A FEW DAYS LATER Paul and I flew back to Istanbul, and on May 19, 2009, I had a titanium plate put in my shoulder. I was completely unprepared for the post-op misery. I only wanted to be healthy again, to be able to walk down the aisle at our wedding in six weeks.
Night after night I woke up screaming and weeping with daggerlike pains shooting through my shoulder and chest. For the first time in my life I was injured; I could not take care of myself, and I realized how long I had taken my independence for granted. The simplest tasks became impossible without the use of my left shoulder and arm: I couldn’t bathe, I couldn’t put on my own bra, and I couldn’t fully dress myself. In the weeks leading up to our wedding, Paul spent every morning before work walking me to the shower, washing my body, toweling me off, putting on my underwear, clasping my bra, dressing me, and preparing whatever I needed for the day while he was off at work. I knew that seeing me so fragile and vulnerable was taking a toll on him emotionally, wearing him down. He was taking care of me, running a hectic news bureau, and planning our entire wedding—alone. I had never relied on someone so completely before, and I felt guilty for being so helpless. Paul’s determination to nurse me back to health was humbling.
Only once did he allow his own suffering to show. He was sitting at the desk in our living room, looking at his laptop, and suddenly he started to cry. He had received an e-mail from Bill Keller, the executive editor of the New York Times, who wrote to say how relieved he was that I was OK. Keller’s simple words broke something in Paul. I could hardly bear to see it.
I spent the end of May and the beginning of June lying on my back, sleeping, or watching the cargo ships float along the Bosporus outside my window until Paul came home from work. My attention span wasn’t focused enough to help him with our wedding planning, to read a book, or to watch a movie. I tried working at my computer, but the pain was often so excruciating that I couldn’t sit up. I couldn’t work or go on assignment, and I couldn’t earn money. It was the first time I couldn’t rely on determination, physical endurance—or myself—to do anything.
Some weeks later I was well enough to have lunch with my Istanbul friends Jason and Suzy. Jason looked concerned. “When are you going to just stop all this war zone stuff?” he finally said. “Why not get pregnant?”

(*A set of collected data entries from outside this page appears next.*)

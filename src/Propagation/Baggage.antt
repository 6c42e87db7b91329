-- ===== src/Propagation/Baggage.antt =====
-- NormalizeBaggage.
pub mod Safe
pub mod Member
pub mod Stable
use go_collector.Base.{
  ℕ, ◌+◌, Bool, true, false, not, ◌&&◌, ◌||◌, List, [], ◌∷◌, ◌++◌, Option, none, some, length, ltb,
  ◌==◌, within, if◌then◌else◌,
}
use go_collector.Base.Bytes.{Bytes, codes, is_empty}
use go_collector.Propagation.Members.{Pair, collect}
use go_collector.Propagation.Percent.{percent_decode, percent_encode, contains_byte}
use go_collector.Text.Split.{cut, split, join}
use go_collector.Text.Trim.{trim_space}

abbrev pub max_baggage_entries : ℕ
max_baggage_entries = 64

abbrev pub max_baggage_header_bytes : ℕ
max_baggage_header_bytes = 8192

abbrev pub max_baggage_value_bytes : ℕ
max_baggage_value_bytes = 4096

abbrev pub max_baggage_key_bytes : ℕ
max_baggage_key_bytes = 256

abbrev pub token_byte : ℕ → Bool
token_byte c =
    within b'a' b'z' c
    || within b'A' b'Z' c
    || within b'0' b'9' c
    || contains_byte c (codes "!#$%&'*+-.^_`|~")

abbrev pub token_bytes : Bytes → Bool
token_bytes [] = true
token_bytes (c ∷ s) = token_byte c && token_bytes s

abbrev pub valid_baggage_key : Bytes → Bool
valid_baggage_key key = token_bytes key && not (is_empty key)

-- The member without its properties.
abbrev pub before_properties : Bytes → Bytes
before_properties member = elim (cut b';' member) [
  | none ↦ member
  | some (before, after) ↦ trim_space before
]

-- The key and the decoded value, when their checks allow the member.
unfoldable pub decoded_pair : Bytes → Bytes → Option Pair
decoded_pair key encoded =
    let value = percent_decode encoded in
    if is_empty key
      || is_empty encoded
      || ltb max_baggage_key_bytes (length key)
      || not (valid_baggage_key key)
    then none
    else if ltb max_baggage_value_bytes (length value)
    then none
    else some (key, value)

unfoldable pub baggage_member : Bytes → Option Pair
baggage_member raw =
    let member = trim_space raw in
    if is_empty member then none else elim (cut b'=' (before_properties member)) [
      | none ↦ none
      | some (key, encoded) ↦
          if is_empty key then none else decoded_pair (trim_space key) (trim_space encoded)
    ]

abbrev pub baggage_render : Pair → Bytes
baggage_render p = p.0 ++ (b'=' ∷ percent_encode p.1)

unfoldable pub normalize_baggage : Bytes → Bytes
normalize_baggage header =
    let trimmed = trim_space header in
    if is_empty trimmed || ltb max_baggage_header_bytes (length trimmed)
    then []
    else join b','
        (collect baggage_member baggage_render max_baggage_entries (split b',' trimmed) [] [])
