-- ===== src/Propagation/Tracestate.antt =====
-- NormalizeTracestate and the ABNF of its members.
pub mod Stable
pub mod Safe
use mathlib.Core.Path.{subst}
use go_collector.Base.{
  ℕ, zero, suc, ◌+◌, ◌≤◌, Bool, true, false, not, ◌&&◌, ◌||◌, List, [], ◌∷◌, ◌++◌, map, ◌≡◌, refl,
  sym, ap, ◌∙◌, Option, none, some, arith, length, leb, ltb, ◌==◌, within, if◌then◌else◌,
  append_assoc, Bool-cases, Option-cases, inl, inr,
}
use go_collector.Base.Bytes.{Bytes, is_empty}
use go_collector.Propagation.Members.{
  Pair, collect, Fresh, AllGood, Kept, collect-Kept, collect-again,
}
use go_collector.Text.Edged.{Edged, AllEdged, Edged-join, trim_space-Edged, cut-eq}
use go_collector.Text.Split.{cut, split, join, Free, AllFree, cut-append, split-join}
use go_collector.Text.Trim.{trim_space, graphic}

abbrev pub max_tracestate_entries : ℕ
max_tracestate_entries = 32

abbrev pub tracestate_key_start : ℕ → Bool → Bool
tracestate_key_start c digits_allowed = within b'a' b'z' c || (digits_allowed && within b'0' b'9' c)

abbrev pub tracestate_key_byte : ℕ → Bool
tracestate_key_byte c =
    within b'a' b'z' c || within b'0' b'9' c || c == b'_' || c == b'-' || c == b'*' || c == b'/'

abbrev pub tracestate_key_tail : Bytes → Bool
tracestate_key_tail [] = true
tracestate_key_tail (c ∷ tail) = tracestate_key_byte c && tracestate_key_tail tail

-- A key, or one side of a key with an `@`: from one byte to `most`.
abbrev pub key_part : ℕ → Bool → Bytes → Bool
key_part most digits_allowed [] = false
key_part most digits_allowed (c ∷ tail) =
    leb (length (c ∷ tail)) most
    && (tracestate_key_start c digits_allowed && tracestate_key_tail tail)

unfoldable pub valid_tracestate_key : Bytes → Bool
valid_tracestate_key key = elim (cut b'@' key) [
  | some (tenant, system) ↦ key_part 241 true tenant && key_part 14 false system
  | none ↦ key_part 256 false key
]

abbrev pub tracestate_value_byte : ℕ → Bool
tracestate_value_byte c = not (ltb c 0x20 || ltb 0x7e c || c == b',' || c == b'=')

abbrev pub tracestate_value_bytes : Bytes → Bool
tracestate_value_bytes [] = true
tracestate_value_bytes (c ∷ s) = tracestate_value_byte c && tracestate_value_bytes s

-- The last byte of `c ∷ s`.
abbrev pub last_byte : ℕ → Bytes → ℕ
last_byte c [] = c
last_byte c (d ∷ s) = last_byte d s

unfoldable pub valid_tracestate_value : Bytes → Bool
valid_tracestate_value [] = false
valid_tracestate_value (c ∷ s) =
    leb (length (c ∷ s)) 256
    && (tracestate_value_bytes (c ∷ s)
        && (not (last_byte c s == b' ') && not (last_byte c s == b'\t')))

-- One piece of the header: its key and value, or `none` where the loop continues with the next.
unfoldable pub tracestate_member : Bytes → Option Pair
tracestate_member raw =
    let member = trim_space raw in
    if is_empty member then none else elim (cut b'=' member) [
      | none ↦ none
      | some (key, value) ↦
          if is_empty key || (not (valid_tracestate_key key) || not (valid_tracestate_value value))
          then none
          else some (key, value)
    ]

abbrev pub tracestate_render : Pair → Bytes
tracestate_render p = p.0 ++ (b'=' ∷ p.1)

unfoldable pub normalize_tracestate : Bytes → Bytes
normalize_tracestate header =
    let trimmed = trim_space header in
    if is_empty trimmed
    then []
    else join b',' (
        collect tracestate_member tracestate_render max_tracestate_entries (split b',' trimmed) []
          [])
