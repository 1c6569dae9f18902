-- ===== src/Phone/Tests.antt =====
-- openapi_http.go, telephone numbers: tests, and the theorems at a Chinese mobile number.
use clip_sync_server.Base.{Text, codes, refl, same, true, ◌≡◌}
use clip_sync_server.Text.{
  has_prefix, is_digit, is_lower, is_space, is_upper, trim_left, trim_right, trim_space,
}
use clip_sync_server.Phone.{normal_rune, normal_runes, normalize_phone_query, phone_equal, strip_cn}

abbrev dashed : Text
dashed = codes "+86 138-0013-8000"

abbrev plain : Text
plain = codes "13800138000"

equal_test : phone_equal dashed plain ≡ true
unfolding phone_equal normalize_phone_query normal_runes normal_rune trim_space trim_left trim_right
    is_space is_digit is_lower is_upper strip_cn has_prefix same
equal_test = refl

reflexive_test : phone_equal plain plain ≡ true
unfolding phone_equal normalize_phone_query normal_runes normal_rune trim_space trim_left trim_right
    is_space is_digit is_lower is_upper strip_cn has_prefix same
reflexive_test = refl
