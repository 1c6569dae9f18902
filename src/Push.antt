-- ===== src/Push.antt =====
-- main.go: `pushHandler`, the message over HTTP: its guards, what it fills in, and the forwarding
-- through the hub. encoding/json is a parameter: the body comes decoded.
pub mod Forwarding
mod Tests
use clip_sync_server.Base.{
  ◌&&◌, ◌*◌, Bool, List, Option, Result, Text, codes, if◌then◌else◌, err, is_empty, none, not, ok,
  same, some, ℕ,
}
use clip_sync_server.Auth.Service.{AuthConfig, AuthState, Crypto, authenticate_token}
use clip_sync_server.Auth.Store.{AuthError}
use clip_sync_server.Http.{HttpRequest, bearer_token}
use clip_sync_server.Inbound.{Message}
use clip_sync_server.Hub.Loop.{Outcome}
use clip_sync_server.Cleaning.{PayloadFields, sanitize_sms_payload}
use clip_sync_server.Auth.Redis.{Redis}
use clip_sync_server.Hub.Conn.{World}
use clip_sync_server.Cleaning.Preview.{ensure_preview}
use clip_sync_server.Hub.Route.{push, type_notify_pc}
use clip_sync_server.Hub.Greet.{queued}

-- The body; what is missing is empty. `content` is the field `data`.
pub record PushBody : Type 0 where
  pub type : Text
  pub fields : PayloadFields
  pub content : Text

-- json.Marshal of the payload and of the message around it.
pub record PushCodec : Type 0 where
  pub payload : PayloadFields → Text → List ℕ
  pub message : Message → List ℕ

abbrev pub or_else : Text → Text → Text
or_else given other = if is_empty given then other else given

-- What is filled in where the body says nothing.
unfoldable pub with_defaults : PushBody → PushBody
with_defaults b =
    let type = or_else b.type type_notify_pc in
    record b {
      type = type;
      fields = record b.fields {
        kind =
            if is_empty b.fields.kind && same type type_notify_pc
            then codes "sms_code"
            else b.fields.kind;
        mime = or_else b.fields.mime (codes "text/plain");
      };
    }

-- The message of a body with its defaults: cleaned, and with a preview. `id` is the text that the
-- time is printed as; `limit` is the configured length of a preview.
unfoldable pub push_message : PushCodec → ℕ → ℕ → Text → PushBody → Message
push_message json limit now id b = record {
  id = id;
  type = b.type;
  from = codes "http-push";
  to = codes "*";
  ts = now * 1000;
  payload = json.payload (ensure_preview limit (sanitize_sms_payload b.type b.fields)) b.content;
}

module _ (R : Redis) (key : Text → Text) (crypto : Crypto) (cfg : AuthConfig) (json : PushCodec)
    (require : Bool) (limit : ℕ) where
  pub record PushState : Type 0 where
    pub auth : AuthState R key crypto cfg
    pub world : World

  -- The counters of an answer 200: queued and online.
  abbrev pub forwarded : PushState → Option Outcome → Option (PushState × Result ℕ (ℕ × ℕ))
  forwarded s none = none
  forwarded s (some o) = some (record s { world = o.world }, ok (o.dispatched, o.online))

  abbrev pub push_body :
      ℕ → Text → ℕ → PushState → Option PushBody → Option (PushState × Result ℕ (ℕ × ℕ))
  push_body now id u s none = some (s, err 400)
  push_body now id u s (some b) =
      let b' = with_defaults b in
      forwarded s (push u b'.type (json.message (push_message json limit now id b')) s.world)

  abbrev pub push_as :
      ℕ
      → Text
      → PushState
      → Option PushBody
      → AuthState R key crypto cfg × Result AuthError (ℕ × Text)
      → Option (PushState × Result ℕ (ℕ × ℕ))
  push_as now id s body (auth, err e) = some (record s { auth = auth }, err 401)
  push_as now id s body (auth, ok (u, username)) =
      let s' = record s { auth = auth } in
      if require then some (s', err 403) else push_body now id u s' body

  -- `pushHandler`; `none` is a panic.
  unfoldable pub push_handler :
      ℕ → Text → HttpRequest → Option PushBody → PushState → Option (PushState × Result ℕ (ℕ × ℕ))
  push_handler now id r body s =
      let token = bearer_token r in
      if not r.is_post
      then some (s, err 405)
      else if is_empty token
      then some (s, err 400)
      else push_as now id s body (authenticate_token R key crypto cfg now token s.auth)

It was a valid question but a deeply private and anxiety-inducing one. I didn’t want to discuss it over lunch with friends when I was still physically and emotionally fragile. The suggestion that my work had become too dangerous, or that somehow getting pregnant was an adequate replacement for photography, struck chords deep down in me about my work, my life, and how I chose to balance the two—especially as I approached my wedding date. The car accident in Pakistan was just one more example of me walking away from a near-death incident relatively unscathed, and each time I survived I knew my luck wouldn’t last forever. Paul, like my parents and sisters, never asked me to stop working; he never asked me to tone down my life or shy away from risk. He knew better than to ask me to change, or to compromise what I believed in. But every traumatic incident inspired inner dialogue that I wasn’t necessarily ready to confront, and in this case it was especially easy to chalk the accident up to chance: It was just a car accident! That could happen anywhere! I talked things through with Paul, updated my will, and moved forward.

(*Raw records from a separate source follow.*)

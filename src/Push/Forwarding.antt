-- ===== src/Push/Forwarding.antt =====
-- main.go: what a push over HTTP may do, and what it does.
use clip_sync_server.Base.{
  ◌&&◌, Bool-cases, Option, Result, Text, if◌then◌else◌, err, false, inl, inr, is_empty, map, ok,
  refl, some, true, ℕ, ◌≡◌, ◌*◌, codes, same,
}
use clip_sync_server.Auth.Service.{AuthConfig, AuthState, Crypto, authenticate_token}
use clip_sync_server.Auth.Store.{AuthError}
use clip_sync_server.Http.{HttpRequest, bearer_token}
use clip_sync_server.Hub.Invariant.{IsValid}
use clip_sync_server.Push.{
  PushBody, PushCodec, PushState, push_as, push_handler, push_message, with_defaults, Message,
}
use clip_sync_server.Auth.Redis.{Redis}
use clip_sync_server.Hub.Steps.{feed}
use clip_sync_server.Hub.Conn.{has_room, is_active, raw}
use clip_sync_server.Hub.Delivery.{is_push_target, push-map}
use clip_sync_server.Hub.Route.{type_notify_pc}
use clip_sync_server.Hub.Loop.{total}
use clip_sync_server.Inbound.{Message}
use clip_sync_server.Cleaning.Preview.{ensure_preview}
use clip_sync_server.Cleaning.{sanitize_sms_payload}

module _ (R : Redis) (key : Text → Text) (crypto : Crypto) (cfg : AuthConfig) (json : PushCodec)
    (limit : ℕ) where
  closed :
      (now : ℕ) (id : Text) (body : Option PushBody)
      (s : PushState R key crypto cfg json true limit)
      (x : AuthState R key crypto cfg × Result AuthError (ℕ × Text))
      → (s' : PushState R key crypto cfg json true limit) × (n : ℕ) × (push_as R key crypto cfg json
            true limit now id s body x
          ≡ some (s', err n))
        × (s'.world ≡ s.world)
  closed now id body s (auth, err e) = (record s { auth = auth }, 401, refl, refl)
  closed now id body s (auth, ok (u, username)) = (record s { auth = auth }, 403, refl, refl)

  -- With the switch `e2ee.require` on, no push over HTTP is forwarded: it is answered with an
  -- error,
  -- and no connection gets anything.
  pub push_handler_closed :
      (now : ℕ) (id : Text) (r : HttpRequest) (body : Option PushBody)
      (s : PushState R key crypto cfg json true limit)
      → (s' : PushState R key crypto cfg json true limit) × (n : ℕ) × (push_handler R key crypto cfg
            json true limit now id r body s
          ≡ some (s', err n))
        × (s'.world ≡ s.world)
  unfolding push_handler bearer_token
  push_handler_closed now id r body s = elim (Bool-cases r.is_post) [
    | inr get ↦ (s, 405, rw get refl, refl)
    | inl post ↦ elim (Bool-cases (is_empty (bearer_token r))) [
      | inl missing ↦ (s, 400, rw (post, missing) refl, refl)
      | inr given ↦
          let (t, n, answer, same_world) =
            closed now id body s
              (authenticate_token R key crypto cfg now (bearer_token r) s.auth) in
          (t, n, rw (post, given) answer, same_world)
    ]
  ]

  -- The message that a push with this body is to become: without a type a notify_pc, which without
  -- a kind is a code, as plain text unless the body says otherwise; cleaned and with a preview.
  abbrev pub pushed : ℕ → Text → PushBody → Message
  pushed now id b =
      let t = if is_empty b.type then type_notify_pc else b.type in
      let kind =
        if is_empty b.fields.kind && same t type_notify_pc
        then codes "sms_code"
        else b.fields.kind in
      let mime = if is_empty b.fields.mime then codes "text/plain" else b.fields.mime in
      record {
        id = id;
        type = t;
        from = codes "http-push";
        to = codes "*";
        ts = now * 1000;
        payload =
            json.payload
              (ensure_preview limit
                (sanitize_sms_payload t (record b.fields { kind = kind; mime = mime })))
              b.content;
      }

  -- A push of a user who is signed in, with the switch off, reaches exactly the user's active
  -- connections of a role that its type is meant for (computers for notify_pc, which is the type
  -- where the body has none, mobile devices for notify_mobile, else all), as far as their queues
  -- have room: each gets the message that is made of the body with its defaults by the cleaning and
  -- then the preview; the answer holds how many do and how many are active; and the server does not
  -- panic.
  pub push_handler_forwards :
      (now u : ℕ) (id username : Text) (r : HttpRequest) (b : PushBody)
      (s : PushState R key crypto cfg json false limit) (auth : AuthState R key crypto cfg)
      → r.is_post ≡ true
      → is_empty (bearer_token r) ≡ false
      → authenticate_token R key crypto cfg now (bearer_token r) s.auth ≡ (auth, ok (u, username))
      → IsValid s.world
      → let m = pushed now id b in
        let frame = raw (json.message m) in
        push_handler R key crypto cfg json false limit now id r (some b) s
        ≡ some (
          record { auth = auth; world = map (feed (is_push_target u m.type) (λ _. frame)) s.world },
          ok (
            total (λ c. if is_push_target u m.type c && has_room c then 1 else 0) s.world,
            total (λ c. if is_active u c then 1 else 0) s.world,
          ),
        )
  unfolding push_handler bearer_token with_defaults push_message
  push_handler_forwards now u id username r b s auth post given known v =
      let b' = with_defaults b in
      rw
        (
          post,
          given,
          known,
          push-map u b'.type (json.message (push_message json limit now id b')) s.world v,
        )
        refl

But I got angry when my friends challenged a resolve that was already often painful to maintain. As I moved out of my twenties and into my thirties, my friends’ advice evolved from “stop running around war zones” to “stop running around war zones and get pregnant.” It was even more infuriating. In my early twenties my response was simple: “I don’t have a man. And I prefer to be doing exactly what I am doing.” Since Paul and I had gotten engaged, however, he had talked repeatedly about his desire for a family. I knew I wanted a family eventually, but I was finally at the height of my career, shooting all the assignments I had dreamed of shooting, for some of the best publications in the world. The last thing I wanted was to interrupt that momentum for a baby that I wasn’t yearning for at that point in my life. Unlike many of my female friends in their midthirties, I was definitely not sensing my biological clock ticking; in fact, I often wondered if I had been born without one.

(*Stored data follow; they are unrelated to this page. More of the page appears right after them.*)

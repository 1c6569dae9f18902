-- ===== src/Push/Tests.antt =====
-- main.go: a push of one user with a computer online.
use clip_sync_server.Base.{
  ◌&&◌, [], codes, if◌then◌else◌, err, false, is_empty, map, none, ok, refl, same, some, true, ℕ,
  ◌∷◌, ◌≡◌,
}
use clip_sync_server.Auth.Service.{AuthState, authenticate_token}
use clip_sync_server.Hub.Conn.{Client, has_room, is_active, raw, role_pc, try_send}
use clip_sync_server.Http.{HttpRequest, bearer_token}
use clip_sync_server.Hub.Invariant.{IsValid}
use clip_sync_server.Push.{
  PushBody, PushCodec, PushState, push_handler, push_message, with_defaults,
}
use clip_sync_server.Cleaning.{
  blocks, clean, first_number, leading_bracket, merge_count1, merge_count2, remove_all,
  sanitize_sms_payload, sender_of, skip_blanks, skip_ellipsis, strip_numbers,
}
use clip_sync_server.Auth.Cache.{cache_token, lookup_token}
use clip_sync_server.Auth.Memory.{config, exact, memory, plain_crypto}
use clip_sync_server.Text.{cut, has_prefix, is_space, trim_left, trim_right, trim_space}
use clip_sync_server.Cleaning.Preview.{ensure_preview, preview_limit, truncate_preview}
use clip_sync_server.Hub.Steps.{feed}
use clip_sync_server.Hub.Loop.{for_each, total}
use clip_sync_server.Hub.Delivery.{is_push_target}
use clip_sync_server.Hub.Route.{push, push_one, target_role_for_type, is_refused}
use clip_sync_server.Push.Forwarding.{push_handler_closed, push_handler_forwards, pushed}

abbrev desk : Client
desk = record {
  id = 1;
  token = [];
  device_id = codes "pc-1";
  role = role_pc;
  ip = [];
  send = [];
  capacity = 2;
  send_closed = false;
  user_id = 7;
  online_at = 5;
  platform = [];
  name = [];
  caps = [];
  replaced = false;
  grace = false;
  timer = false;
  conn_open = true;
  written = [];
  member = true;
}

abbrev post : HttpRequest
post = record { is_post = true; ip = []; authorization = []; query_token = codes "t1" }

abbrev body : PushBody
body = record {
  type = [];
  fields = record { kind = []; mime = []; text = codes " code 1234 "; preview = []; sender = [] };
  content = [];
}

abbrev as_text_alone : PushCodec
as_text_alone = record { payload = λ p content. p.preview; message = λ m. m.payload }

abbrev signed_in : AuthState memory exact plain_crypto config
signed_in = record {
  db = record { users = []; sessions = []; fails = λ stmt. false };
  cache = (cache_token memory (codes "t1") 7 60 ((λ k. none), λ u. [])).0;
  published = [];
}

pushes : Unit {0}
unfolding push_handler bearer_token has_prefix authenticate_token lookup_token cache_token same
    with_defaults push is_refused push_one push_message for_each try_send target_role_for_type
    sanitize_sms_payload sender_of blocks first_number clean strip_numbers leading_bracket
    skip_blanks remove_all merge_count1 merge_count2 skip_ellipsis trim_space trim_left trim_right
    is_space cut ensure_preview truncate_preview preview_limit
pushes = tt

token_given : is_empty (bearer_token post) ≡ false
unfolding pushes
token_given = refl

known_user :
    authenticate_token memory exact plain_crypto config 9 (bearer_token post) signed_in
    ≡ (signed_in, ok (7, []))
unfolding pushes
known_user = refl

sound_hub : IsValid (desk ∷ [])
sound_hub = record {
  sound = (record { open_channel = refl; replaced_left = refl; timed = refl }, tt);
  apart = (tt, tt);
}

-- The text is cleaned before the preview is made of it.
forwarded_test :
    push_handler memory exact plain_crypto config as_text_alone false 0 9 [] post
      (some body)
      (record { auth = signed_in; world = desk ∷ [] })
    ≡ some (
      record { auth = signed_in; world = record desk { send = raw (codes "code 1234") ∷ [] } ∷ [] },
      ok (1, 1),
    )
unfolding pushes
forwarded_test = refl

push_handler_forwards_example :
    push_handler memory exact plain_crypto config as_text_alone false 0 9 [] post
      (some body)
      (record { auth = signed_in; world = desk ∷ [] })
    ≡ some (
      record {
        auth = signed_in;
        world =
            map
              (feed
                (is_push_target 7
                  (pushed memory exact plain_crypto config as_text_alone 0 9 [] body).type)
                (λ _.
                  raw (pushed memory exact plain_crypto config as_text_alone 0 9 [] body).payload))
              (desk ∷ []);
      },
      ok (
        total
            (λ c.
              if is_push_target 7
                  (pushed memory exact plain_crypto config as_text_alone 0 9 [] body).type
                  c
                && has_room c
              then 1
              else 0)
            (desk ∷ []),
        total (λ c. if is_active 7 c then 1 else 0) (desk ∷ []),
      ),
    )
push_handler_forwards_example =
    push_handler_forwards memory exact plain_crypto config as_text_alone 0 9 7 [] [] post body
      (record { auth = signed_in; world = desk ∷ [] }) signed_in refl token_given known_user
      sound_hub

push_handler_closed_example :
    (s' : PushState memory exact plain_crypto config as_text_alone true 0) × (n : ℕ) × (push_handler
        memory exact plain_crypto config as_text_alone true 0 9 [] post
        (some body)
        (record { auth = signed_in; world = desk ∷ [] })
      ≡ some (s', err n))
    × (s'.world ≡ desk ∷ [])
push_handler_closed_example =
    push_handler_closed memory exact plain_crypto config as_text_alone 0 9 [] post (some body)
      (record { auth = signed_in; world = desk ∷ [] })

And I couldn’t just have a baby and go back to Afghanistan. If I took a month off, I was likely to be replaced by one of the other, say, two hundred freelancers vying to get my assignments. If I took six months off to have a baby, I believed I would be written off by my editors. I was in a man’s profession. I couldn’t think of a single female photojournalist who was married or had a child. If Jason didn’t think I struggled with all this, he was wrong.